Junis could end up giving the Giants from one win to more than two substitutions this year — his current bWAR is 1.6 bWAR and 0.9 fWAR — a solid return on their minimal investment in themselves. But the Giants will also retain Junis’ rights into the 2023 season, as he remains eligible for arbitration and will end the year with more than five years of service. He’s getting a raise this year, but it’s still a good deal to jump into the 3MM range to find a fourth available starter.

The Giants already have four starters in 2023 — Webber, Wood, Cobb and Descrafani — but if he declines the player option (which is locked, as long as he stays healthy), he’s likely to lose Free agent Carlos Roden. They’re not going to simply replace Rodon with Junis and call it quits, so they’ll likely add an impactful starter and go into 2023 with Junis as a sixth or maybe even seventh.

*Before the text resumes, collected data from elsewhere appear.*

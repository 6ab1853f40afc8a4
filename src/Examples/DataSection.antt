-- ===== src/Examples/DataSection.antt =====
-- internal/datasection on a small cache and a small record matrix.
use go_mdf.Base.{
  ℕ, ◌+◌, ◌<◌, ◌≤◌, ◌⊎◌, ◌≡◌, ◌≢◌, refl, none, some, [], ◌∷◌, ◌++◌, arith, ok, drop, if◌then◌else◌,
}
use go_mdf.Base.Words.{Bytes}
use go_mdf.DataSection.Lru.{Lru, new_lru, get, put}
use go_mdf.DataSection.Lru.Laws.{
  IsValid, contains, total, new-IsValid, get-IsValid, put-IsValid, put_new,
}
use go_mdf.DataSection.Transpose.{transpose, untranspose}
use go_mdf.DataSection.Transpose.Laws.{untranspose-transpose}

-- Two payloads of two bytes in a cache of five; a third needs room.
abbrev one : Lru
one = put 10 (1 ∷ 2 ∷ []) (new_lru 5)

abbrev two : Lru
two = put 20 (3 ∷ 4 ∷ []) one

two-IsValid : IsValid two
two-IsValid =
    put-IsValid 20 one (put-IsValid 10 (new_lru 5) (new-IsValid 5) (1 ∷ 2 ∷ [])) (3 ∷ 4 ∷ [])

put-IsValid_example : IsValid (put 30 (5 ∷ 6 ∷ []) two)
put-IsValid_example = put-IsValid 30 two two-IsValid (5 ∷ 6 ∷ [])

get-IsValid_example :
    IsValid (get 10 two).0
    × ((get 10 two).0.entries ≡ two.entries)
    × ((get 10 two).1 ≡ some (1 ∷ 2 ∷ []))
    × ((get 10 two).0.order ≡ 20 ∷ 10 ∷ [])
unfolding new_lru put
get-IsValid_example = get-IsValid 10 two two-IsValid

put_new_example :
    (n : ℕ) × ((put 30 (5 ∷ 6 ∷ []) two).order ≡ drop n two.order ++ 30 ∷ [])
    × ((put 30 (5 ∷ 6 ∷ []) two).entries 30 ≡ some (5 ∷ 6 ∷ []))
    × ((j : ℕ)
        → j ≢ 30
        → (put 30 (5 ∷ 6 ∷ []) two).entries j
          ≡ (if contains j (drop n two.order) then two.entries j else none))
    × ((i : ℕ) → i < n → two.budget < total two.entries (drop i two.order) + 2)
    × ((total two.entries (drop n two.order) + 2 ≤ two.budget) ⊎ (drop n two.order ≡ []))
unfolding new_lru put
put_new_example = put_new 30 two two-IsValid (5 ∷ 6 ∷ []) refl

put_evicts : (put 30 (5 ∷ 6 ∷ []) two).order ≡ 20 ∷ 30 ∷ []
unfolding new_lru put
put_evicts = refl

abbrev matrix : Bytes
matrix = 1 ∷ 2 ∷ 3 ∷ 4 ∷ 5 ∷ 6 ∷ 7 ∷ []

untranspose-transpose_example :
    (t : Bytes) × (transpose matrix 2 ≡ ok t) × (untranspose t 2 ≡ ok matrix)
untranspose-transpose_example = untranspose-transpose matrix 2 (omega arith) (omega arith)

That would put him in the bullpen at the start of the season, possibly in a long-term backup role, but he should be able to play a few innings next year given the injury histories of Descrafani, Wood and Cobb.

Junis’ pickup obviously won’t change the team’s course for years to come, but he’s quietly very valuable to a Giants club with a pitching injury — and he’ll continue to pay dividends on their investment for the 2023 season. There hasn’t been much progress for the Giants this year, but their ability to rehabilitate and, in some cases, reinvent pitching remains strong.